TORONTO — On Thursday, TD Bank Group announced that they will be reducing their staff by approximately two percent. The move aims to cut expenses and reallocate funds following recent changes in leadership.
The layoffs total slightly more than 2,000 workers, based on the approximately 101,800 employees it had last year.
As TD announced during the release of its second-quarter profits totaling $11.1 billion, it’s worth noting that the earnings were bolstered by an after-tax gain of $8.6 billion resulting from the disposal of its stake in Charles Schwab Corp.
The share sale and layoffs follow TD’s efforts to recover from the significant anti-money laundering compliance failure that cost them more than $3 billion in penalties last year. This issue prompted U.S. regulators to impose restrictions on their assets stateside and led to the resignation of former CEO Bharat Masrani.
Raymond Chun, the current CEO who assumed his position at the beginning of the second quarter, stated that the bank is striving to move forward.
“By meticulously examining our operations and procedures, we are systematically cutting expenses throughout the bank,” Chun stated during an earnings call on Thursday.
“I want to thank our colleagues across the bank for their tremendous dedication and efforts. Together, we are writing the next chapter of this great institution’s story.”
As part of an extensive overhaul, the bank plans to reduce its property holdings, scale back certain operations, and dispose of some assets, according to Chief Financial Officer Kelvin Tran. This transformation includes workforce reductions.
He stated that the bank aims to implement the job reductions as much as possible via natural turnover and will additionally reallocate staff to departments where it is focusing on growing its skills and capacities.
In the quarter, TD incurred a pre-tax expense of $163 million due to the restructuring, primarily stemming from real estate adjustments. The company anticipates an additional pre-tax expenditure of approximately $650 million spread across future quarters for severance and various other expenses.
The statement indicated that the restructuring is expected to result in approximately $600 million in yearly pre-tax savings once completed. This funds will be reinvested into areas like artificial intelligence and technology within the company, according to Tran.

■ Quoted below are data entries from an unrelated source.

-- ===== src/Lqm/Routes/Tally.antt =====
-- internal/services/lqm/lqm.go, `updateRoutes`: what each tracker counts, against a description
-- that has no loop over trackers.
use mesh_manager.Common.{
  ℕ, ◌+◌, ◌≡◌, refl, ap, ◌∙◌, Bool, true, false, ◌||◌, List, [], ◌∷◌, Option, none, some, Bytes,
  equal, equal_iff, ltb, ◌==◌, if◌then◌else◌, load, select, length, arith,
}
use mesh_manager.Lqm.{Tracker}
use mesh_manager.Lqm.Routes.{
  Route, max_metric, is_node_route, counted_routes, Counts, cleared, clear_counts, addresses,
  counted, change, count_via, count_routes, settle_metrics, update_routes,
}

abbrev pub is_key : Bytes → Option Bytes → Bool
is_key mac none = false
is_key mac (some k) = equal k mac

-- The routes whose next hop is a tracker.
abbrev pub routes_via : List (Bytes × Bytes) → Bytes → List Route → List Route
routes_via m mac = select (λ r. is_key mac (load r.via m))

abbrev pub has_any : List Route → Bool
has_any [] = false
has_any (r ∷ rs) = true

abbrev pub lowest : ℕ → List Route → ℕ
lowest best [] = best
lowest best (r ∷ rs) = lowest (if ltb r.metric best then r.metric else best) rs

abbrev pub metric_or_0 : ℕ → ℕ
metric_or_0 n = if n == max_metric then 0 else n

module _ (F : Type 0) where
  -- A tracker that counts a list of routes.
  abbrev pub tallied : List Route → Tracker F → Tracker F
  tallied rs t = record t {
    routable = t.routable || has_any rs;
    babel_route_count = t.babel_route_count + length rs;
    node_route_count = t.node_route_count + length (select is_node_route rs);
    babel_metric = lowest t.babel_metric rs;
  }

  abbrev via_one : Bool → Route → Tracker F → Tracker F
  via_one true r t = counted F r t
  via_one false r t = t

  load-change :
      (mac j : Bytes) (f : Tracker F → Tracker F) (ts : List (Bytes × Tracker F)) (t : Tracker F)
      → load j ts ≡ some t
      → load j (change F mac f ts) ≡ some (if equal mac j then f t else t)
  unfolding load change
  load-change mac j f [] t h = cc
  load-change mac j f ((i, u) ∷ ts) t h =
      ground (arith, equal_iff mac j, equal_iff i mac, equal_iff i j, load-change mac j f ts t)

  load-count_via :
      (r : Route) (via : Option Bytes) (c : Counts F) (mac : Bytes) (t : Tracker F)
      → load mac c.trackers ≡ some t
      → load mac (count_via F r via c).trackers ≡ some (via_one (is_key mac via) r t)
  load-count_via r none c mac t h = h
  load-count_via r (some k) c mac t h = ground (arith, load-change k mac (counted F r) c.trackers t)

  tallied-nil : (t : Tracker F) → t ≡ tallied [] t
  tallied-nil t = ground arith

  tallied-cons :
      (b : Bool) (r : Route) (rs : List Route) (t : Tracker F)
      → tallied rs (via_one b r t) ≡ tallied (if b then r ∷ rs else rs) t
  tallied-cons true r rs t = ground arith
  tallied-cons false r rs t = refl

  load-count_routes :
      (m : List (Bytes × Bytes)) (rs : List Route) (c : Counts F) (mac : Bytes) (t : Tracker F)
      → load mac c.trackers ≡ some t
      → load mac (count_routes F m rs c).trackers ≡ some (tallied (routes_via m mac rs) t)
  unfolding count_routes
  load-count_routes m [] c mac t h = h ∙ ap some (tallied-nil t)
  load-count_routes m (r ∷ rs) c mac t h =
      load-count_routes m rs (count_via F r (load r.via m) c) mac
        (via_one (is_key mac (load r.via m)) r t) (load-count_via r (load r.via m) c mac t h)
      ∙ ap some (tallied-cons (is_key mac (load r.via m)) r (routes_via m mac rs) t)

  load-clear :
      (mac : Bytes) (ts : List (Bytes × Tracker F)) (t : Tracker F)
      → load mac ts ≡ some t
      → load mac (clear_counts F ts) ≡ some (cleared F t)
  unfolding load clear_counts
  load-clear mac [] t h = cc
  load-clear mac ((k, u) ∷ ts) t h = ground (arith, load-clear mac ts t)

  load-settle :
      (mac : Bytes) (ts : List (Bytes × Tracker F)) (t : Tracker F)
      → load mac ts ≡ some t
      → load mac (settle_metrics F ts)
        ≡ some (record t { babel_metric = metric_or_0 t.babel_metric })
  unfolding load settle_metrics
  load-settle mac [] t h = cc
  load-settle mac ((k, u) ∷ ts) t h = ground (arith, load-settle mac ts t)

  -- The counts in terms of the map of addresses that the code builds.
  pub load-update_routes :
      (lines : List Bytes) (ts : List (Bytes × Tracker F)) (mac : Bytes) (t : Tracker F)
      → load mac ts ≡ some t
      → load mac (update_routes F lines ts).trackers
        ≡ some (record t {
          babel_route_count = length (routes_via (addresses F ts []) mac (counted_routes lines));
          node_route_count =
              length
                (select is_node_route (routes_via (addresses F ts []) mac (counted_routes lines)));
          routable = has_any (routes_via (addresses F ts []) mac (counted_routes lines));
          babel_metric =
              metric_or_0
                (lowest max_metric (routes_via (addresses F ts []) mac (counted_routes lines)));
        })
  unfolding update_routes
  load-update_routes lines ts mac t h =
      let start : Counts F = record {
        trackers = clear_counts F ts;
        total_routes = 0;
        total_node_routes = 0;
      } in
      load-settle mac _ _ (
        load-count_routes (addresses F ts []) (counted_routes lines) start mac (cleared F t)
          (load-clear mac ts t h))
      ∙ ap some (ground arith)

He stated that through this restructuring initiative and the broader strategic review, they are working on innovations to enhance efficiency and fundamentally lower the bank’s cost structure.
These actions are also occurring as firms across the board contend with broad economic unpredictability and cautious consumers and enterprises.
Chun observed that housing activity decreased during the quarter. Additionally, the bank has noticed reduced foreign currency expenditures as consumers have become more careful, particularly when making cross-border purchases.
But the bank’s provisions for potentially bad loans rose only modestly in the quarter, up $103 million from the previous quarter to $1.2 billion, or up $211 million from the same quarter last year.
The provision levels were set below what analysts anticipated, enabling TD’s adjusted earnings of $1.97 per diluted share to surpass the predicted $1.76 per share profit as reported by LSEG Data & Analytics. Nonetheless, this figure declined slightly compared to the $2.04 per share earned during the corresponding period the previous year.
In a statement, Jefferies analyst John Aiken noted that TD exceeded expectations across most sectors; however, he questioned whether the markets would view the provisions as adequate given the uncertainties looming ahead.
TD indicated that the rise in provisions was connected to policy and trade uncertainties, whereas without these factors, they might have expected rates to possibly decrease due to consumers benefiting from reduced interest rates.
The revenue for the quarter amounted to $22.9 billion, an increase from $13.8 billion recorded in the corresponding period of the previous year.
TD reported that its Canadian personal and commercial banking division made slightly less than $1.7 billion this quarter compared to just over $1.7 billion during the corresponding period last year. This decrease was due to increased provisions for credit losses and higher non-interest expenses, although these were partly offset by greater revenues.
In the second quarter, TD’s U.S. retail operations reported earnings of $120 million, which is a decrease from $507 million recorded in the corresponding period the previous year. For its most recent quarter, the bank’s wealth management and insurance segment saw an increase to $707 million from $621 million over the prior year’s comparable period. Additionally, TD’s wholesale banking unit achieved earnings of $419 million, marking an improvement from $361 million in the equivalent quarter of the preceding year.
The report from The Canadian Press was initially released on May 22, 2025.